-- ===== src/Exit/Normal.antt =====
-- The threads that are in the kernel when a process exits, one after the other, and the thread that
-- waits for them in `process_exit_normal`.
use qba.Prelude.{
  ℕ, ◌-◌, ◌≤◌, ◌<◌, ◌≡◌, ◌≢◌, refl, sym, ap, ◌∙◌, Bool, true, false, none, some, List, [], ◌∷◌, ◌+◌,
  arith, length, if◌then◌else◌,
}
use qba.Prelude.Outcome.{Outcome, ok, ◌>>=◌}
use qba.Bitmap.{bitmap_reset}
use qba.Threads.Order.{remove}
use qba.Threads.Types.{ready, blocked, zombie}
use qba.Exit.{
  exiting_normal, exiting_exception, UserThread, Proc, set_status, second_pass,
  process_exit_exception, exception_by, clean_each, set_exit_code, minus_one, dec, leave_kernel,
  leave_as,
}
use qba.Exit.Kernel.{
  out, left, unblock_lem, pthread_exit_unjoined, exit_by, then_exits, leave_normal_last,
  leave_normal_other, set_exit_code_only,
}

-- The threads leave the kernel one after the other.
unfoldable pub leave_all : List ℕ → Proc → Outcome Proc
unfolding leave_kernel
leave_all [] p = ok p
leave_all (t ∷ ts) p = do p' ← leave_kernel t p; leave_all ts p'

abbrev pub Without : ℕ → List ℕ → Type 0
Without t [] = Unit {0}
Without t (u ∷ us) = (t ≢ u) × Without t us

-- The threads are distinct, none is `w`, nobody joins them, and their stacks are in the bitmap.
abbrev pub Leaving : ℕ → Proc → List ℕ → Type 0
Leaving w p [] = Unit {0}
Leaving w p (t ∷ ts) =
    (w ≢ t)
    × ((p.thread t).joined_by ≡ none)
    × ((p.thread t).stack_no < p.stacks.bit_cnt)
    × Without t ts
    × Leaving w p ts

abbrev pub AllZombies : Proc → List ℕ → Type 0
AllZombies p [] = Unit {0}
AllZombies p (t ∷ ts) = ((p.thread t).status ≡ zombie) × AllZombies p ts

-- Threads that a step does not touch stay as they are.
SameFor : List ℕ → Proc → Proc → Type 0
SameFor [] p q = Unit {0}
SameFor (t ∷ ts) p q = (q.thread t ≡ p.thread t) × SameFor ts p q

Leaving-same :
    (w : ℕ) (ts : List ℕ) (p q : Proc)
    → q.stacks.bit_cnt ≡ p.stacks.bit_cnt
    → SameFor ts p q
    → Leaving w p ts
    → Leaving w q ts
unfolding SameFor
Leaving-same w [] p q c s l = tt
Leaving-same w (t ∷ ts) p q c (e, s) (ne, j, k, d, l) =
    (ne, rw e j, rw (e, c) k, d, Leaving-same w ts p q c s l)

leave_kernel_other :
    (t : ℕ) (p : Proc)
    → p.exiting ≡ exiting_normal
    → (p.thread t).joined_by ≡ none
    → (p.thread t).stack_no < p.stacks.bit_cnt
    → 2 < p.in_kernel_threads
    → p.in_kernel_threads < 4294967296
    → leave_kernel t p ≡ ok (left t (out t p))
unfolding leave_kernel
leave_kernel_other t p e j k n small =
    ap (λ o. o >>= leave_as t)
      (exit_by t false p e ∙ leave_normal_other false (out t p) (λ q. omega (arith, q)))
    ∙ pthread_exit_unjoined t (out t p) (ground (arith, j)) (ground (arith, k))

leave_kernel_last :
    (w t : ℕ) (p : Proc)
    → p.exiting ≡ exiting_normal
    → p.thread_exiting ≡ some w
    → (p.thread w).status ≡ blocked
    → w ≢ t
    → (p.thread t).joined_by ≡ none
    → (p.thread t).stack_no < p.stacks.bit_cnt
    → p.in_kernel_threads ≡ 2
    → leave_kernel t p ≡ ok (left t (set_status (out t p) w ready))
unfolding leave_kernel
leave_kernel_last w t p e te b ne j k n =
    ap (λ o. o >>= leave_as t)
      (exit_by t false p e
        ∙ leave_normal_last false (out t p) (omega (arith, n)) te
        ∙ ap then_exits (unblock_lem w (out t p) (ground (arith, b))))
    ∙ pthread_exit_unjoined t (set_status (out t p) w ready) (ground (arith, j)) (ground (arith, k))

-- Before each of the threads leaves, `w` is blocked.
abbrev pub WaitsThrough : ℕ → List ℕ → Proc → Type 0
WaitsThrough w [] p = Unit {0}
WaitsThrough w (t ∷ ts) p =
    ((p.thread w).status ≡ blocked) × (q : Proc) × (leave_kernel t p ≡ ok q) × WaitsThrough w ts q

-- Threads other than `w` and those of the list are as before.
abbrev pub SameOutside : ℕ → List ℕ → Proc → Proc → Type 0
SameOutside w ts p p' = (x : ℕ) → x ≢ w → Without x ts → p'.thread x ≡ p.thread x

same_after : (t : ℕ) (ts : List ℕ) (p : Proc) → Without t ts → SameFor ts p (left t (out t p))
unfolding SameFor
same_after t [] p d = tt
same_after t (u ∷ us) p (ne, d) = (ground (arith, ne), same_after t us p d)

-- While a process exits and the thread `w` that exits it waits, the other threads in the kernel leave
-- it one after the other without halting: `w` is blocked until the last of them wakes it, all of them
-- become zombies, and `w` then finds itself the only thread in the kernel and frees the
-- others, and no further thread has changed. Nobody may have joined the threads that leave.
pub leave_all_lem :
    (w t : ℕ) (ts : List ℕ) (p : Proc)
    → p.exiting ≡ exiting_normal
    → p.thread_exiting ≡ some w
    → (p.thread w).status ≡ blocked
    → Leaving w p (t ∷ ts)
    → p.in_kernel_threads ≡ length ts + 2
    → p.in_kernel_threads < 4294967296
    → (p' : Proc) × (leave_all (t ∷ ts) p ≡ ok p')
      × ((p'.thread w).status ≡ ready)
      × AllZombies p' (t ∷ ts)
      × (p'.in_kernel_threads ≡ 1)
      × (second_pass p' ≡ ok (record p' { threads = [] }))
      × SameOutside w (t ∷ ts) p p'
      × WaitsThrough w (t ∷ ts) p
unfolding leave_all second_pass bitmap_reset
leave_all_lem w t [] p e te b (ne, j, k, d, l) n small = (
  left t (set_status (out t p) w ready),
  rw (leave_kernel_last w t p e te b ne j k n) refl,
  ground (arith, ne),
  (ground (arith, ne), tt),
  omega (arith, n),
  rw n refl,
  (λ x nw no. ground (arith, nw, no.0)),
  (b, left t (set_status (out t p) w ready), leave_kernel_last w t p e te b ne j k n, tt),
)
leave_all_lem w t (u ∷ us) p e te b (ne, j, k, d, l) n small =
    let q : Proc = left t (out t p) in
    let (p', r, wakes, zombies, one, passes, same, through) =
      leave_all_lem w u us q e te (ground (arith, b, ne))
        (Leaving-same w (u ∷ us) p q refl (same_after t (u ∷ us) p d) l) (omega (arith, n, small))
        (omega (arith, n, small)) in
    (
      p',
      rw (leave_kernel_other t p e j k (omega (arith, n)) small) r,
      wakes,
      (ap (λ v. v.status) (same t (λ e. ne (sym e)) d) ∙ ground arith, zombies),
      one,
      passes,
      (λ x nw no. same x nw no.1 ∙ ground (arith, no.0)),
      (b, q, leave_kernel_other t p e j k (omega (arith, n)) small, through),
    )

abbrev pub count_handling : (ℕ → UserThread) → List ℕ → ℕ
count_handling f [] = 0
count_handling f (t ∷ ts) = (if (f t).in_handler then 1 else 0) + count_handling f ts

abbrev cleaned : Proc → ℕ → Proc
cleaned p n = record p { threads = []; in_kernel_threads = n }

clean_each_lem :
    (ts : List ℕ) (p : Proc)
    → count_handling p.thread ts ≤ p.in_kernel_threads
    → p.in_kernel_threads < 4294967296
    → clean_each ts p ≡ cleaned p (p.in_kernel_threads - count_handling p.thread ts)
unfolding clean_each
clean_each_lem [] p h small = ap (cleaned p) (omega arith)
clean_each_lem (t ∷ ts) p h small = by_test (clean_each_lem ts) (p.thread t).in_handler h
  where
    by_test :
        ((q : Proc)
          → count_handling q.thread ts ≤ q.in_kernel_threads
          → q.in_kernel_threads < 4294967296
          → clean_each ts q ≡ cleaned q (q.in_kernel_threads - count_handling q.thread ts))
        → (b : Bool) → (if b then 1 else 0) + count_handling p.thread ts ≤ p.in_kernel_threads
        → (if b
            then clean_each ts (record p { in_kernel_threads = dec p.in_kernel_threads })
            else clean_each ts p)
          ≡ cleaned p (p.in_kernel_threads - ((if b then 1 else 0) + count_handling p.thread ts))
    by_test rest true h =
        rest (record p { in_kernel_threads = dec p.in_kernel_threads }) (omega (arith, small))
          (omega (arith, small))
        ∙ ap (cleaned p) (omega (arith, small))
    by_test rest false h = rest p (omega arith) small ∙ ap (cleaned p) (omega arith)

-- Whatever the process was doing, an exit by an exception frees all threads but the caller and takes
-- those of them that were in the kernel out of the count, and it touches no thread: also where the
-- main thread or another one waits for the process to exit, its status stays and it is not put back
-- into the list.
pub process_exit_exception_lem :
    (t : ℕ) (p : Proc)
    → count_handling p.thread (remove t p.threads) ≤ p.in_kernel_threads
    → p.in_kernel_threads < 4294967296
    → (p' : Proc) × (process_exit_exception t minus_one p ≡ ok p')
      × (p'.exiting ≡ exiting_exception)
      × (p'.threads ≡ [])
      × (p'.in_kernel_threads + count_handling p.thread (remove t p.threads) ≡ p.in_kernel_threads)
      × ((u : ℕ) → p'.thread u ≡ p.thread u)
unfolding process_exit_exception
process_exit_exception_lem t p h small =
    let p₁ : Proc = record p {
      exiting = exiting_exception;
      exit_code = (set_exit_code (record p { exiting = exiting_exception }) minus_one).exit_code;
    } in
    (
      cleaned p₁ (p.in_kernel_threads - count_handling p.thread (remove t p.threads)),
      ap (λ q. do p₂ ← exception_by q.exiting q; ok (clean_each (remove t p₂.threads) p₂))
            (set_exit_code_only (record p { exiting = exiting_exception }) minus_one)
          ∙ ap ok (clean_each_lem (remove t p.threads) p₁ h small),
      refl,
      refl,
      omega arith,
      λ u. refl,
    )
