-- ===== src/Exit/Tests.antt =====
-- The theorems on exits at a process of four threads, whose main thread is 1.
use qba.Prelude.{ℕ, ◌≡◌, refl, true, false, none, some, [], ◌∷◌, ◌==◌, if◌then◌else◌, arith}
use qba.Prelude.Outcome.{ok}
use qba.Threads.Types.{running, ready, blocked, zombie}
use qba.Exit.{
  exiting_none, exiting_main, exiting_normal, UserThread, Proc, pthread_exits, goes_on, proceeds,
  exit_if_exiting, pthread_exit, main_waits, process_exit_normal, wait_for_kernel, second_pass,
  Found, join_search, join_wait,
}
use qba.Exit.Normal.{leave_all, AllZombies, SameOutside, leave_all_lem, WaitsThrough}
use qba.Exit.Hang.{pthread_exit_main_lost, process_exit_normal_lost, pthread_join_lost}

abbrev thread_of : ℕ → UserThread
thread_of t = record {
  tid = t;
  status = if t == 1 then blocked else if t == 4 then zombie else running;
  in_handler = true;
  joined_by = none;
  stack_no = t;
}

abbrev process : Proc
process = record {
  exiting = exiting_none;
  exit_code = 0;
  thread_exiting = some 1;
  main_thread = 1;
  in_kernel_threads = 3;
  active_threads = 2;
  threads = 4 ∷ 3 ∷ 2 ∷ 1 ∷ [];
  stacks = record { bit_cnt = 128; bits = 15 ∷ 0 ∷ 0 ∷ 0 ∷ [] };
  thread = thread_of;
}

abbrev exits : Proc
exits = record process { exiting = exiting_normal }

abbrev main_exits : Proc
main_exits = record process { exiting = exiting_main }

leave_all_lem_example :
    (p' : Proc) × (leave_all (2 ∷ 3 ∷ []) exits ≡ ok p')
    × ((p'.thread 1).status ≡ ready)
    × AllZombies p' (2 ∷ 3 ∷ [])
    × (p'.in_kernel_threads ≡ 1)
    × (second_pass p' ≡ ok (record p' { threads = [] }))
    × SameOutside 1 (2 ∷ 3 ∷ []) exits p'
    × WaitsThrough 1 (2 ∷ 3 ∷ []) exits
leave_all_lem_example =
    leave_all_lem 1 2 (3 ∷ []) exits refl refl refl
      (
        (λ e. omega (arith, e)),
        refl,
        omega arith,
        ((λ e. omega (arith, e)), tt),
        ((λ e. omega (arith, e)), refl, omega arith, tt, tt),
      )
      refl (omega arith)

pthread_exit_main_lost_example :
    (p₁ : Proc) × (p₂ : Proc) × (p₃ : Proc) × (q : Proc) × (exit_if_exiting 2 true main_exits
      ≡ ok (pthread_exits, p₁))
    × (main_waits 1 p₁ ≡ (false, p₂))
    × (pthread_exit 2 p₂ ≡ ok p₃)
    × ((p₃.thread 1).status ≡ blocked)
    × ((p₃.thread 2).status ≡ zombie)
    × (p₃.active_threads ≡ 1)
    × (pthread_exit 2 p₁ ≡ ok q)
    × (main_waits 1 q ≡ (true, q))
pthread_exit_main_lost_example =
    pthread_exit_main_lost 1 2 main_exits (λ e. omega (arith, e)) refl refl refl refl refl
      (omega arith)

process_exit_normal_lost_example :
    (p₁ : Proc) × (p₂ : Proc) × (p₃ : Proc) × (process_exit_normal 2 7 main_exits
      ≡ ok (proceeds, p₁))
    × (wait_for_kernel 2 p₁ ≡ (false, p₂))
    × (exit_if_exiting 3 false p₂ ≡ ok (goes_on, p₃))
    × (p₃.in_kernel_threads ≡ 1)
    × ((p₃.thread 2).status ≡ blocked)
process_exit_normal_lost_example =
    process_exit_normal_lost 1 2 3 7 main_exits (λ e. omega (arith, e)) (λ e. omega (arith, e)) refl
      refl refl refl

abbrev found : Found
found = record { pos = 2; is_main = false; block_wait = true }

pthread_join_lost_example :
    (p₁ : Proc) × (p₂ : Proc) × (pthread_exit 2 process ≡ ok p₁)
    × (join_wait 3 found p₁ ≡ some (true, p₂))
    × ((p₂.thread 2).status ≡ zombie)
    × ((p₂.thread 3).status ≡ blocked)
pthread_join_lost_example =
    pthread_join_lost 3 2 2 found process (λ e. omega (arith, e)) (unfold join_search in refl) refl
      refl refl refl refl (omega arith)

- Your instructions
Could you set down, word for word, only the lines above from the line with "let (p', r, wakes, zombies, one, passes, same, through)" to the line with "abbrev cleaned : Proc → ℕ → Proc", including both?

- Answer box
    let (p', r, wakes, zombies, one, passes, same, through) =
      leave_all_lem w u us q e te (ground (arith, b, ne))
        (Leaving-same w (u ∷ us) p q refl (same_after t (u ∷ us) p d) l) (omega (arith, n, small))
        (omega (arith, n, small)) in
    (
      p',
      rw (leave_kernel_other t p e j k (omega (arith, n)) small) r,
      wakes,
      (ap (λ v. v.status) (same t (λ e. ne (sym e)) d) ∙ ground arith, zombies),
      one,
      passes,
      (λ x nw no. same x nw no.1 ∙ ground (arith, no.0)),
      (b, q, leave_kernel_other t p e j k (omega (arith, n)) small, through),
    )

abbrev pub count_handling : (ℕ → UserThread) → List ℕ → ℕ
count_handling f [] = 0
count_handling f (t ∷ ts) = (if (f t).in_handler then 1 else 0) + count_handling f ts

abbrev cleaned : Proc → ℕ → Proc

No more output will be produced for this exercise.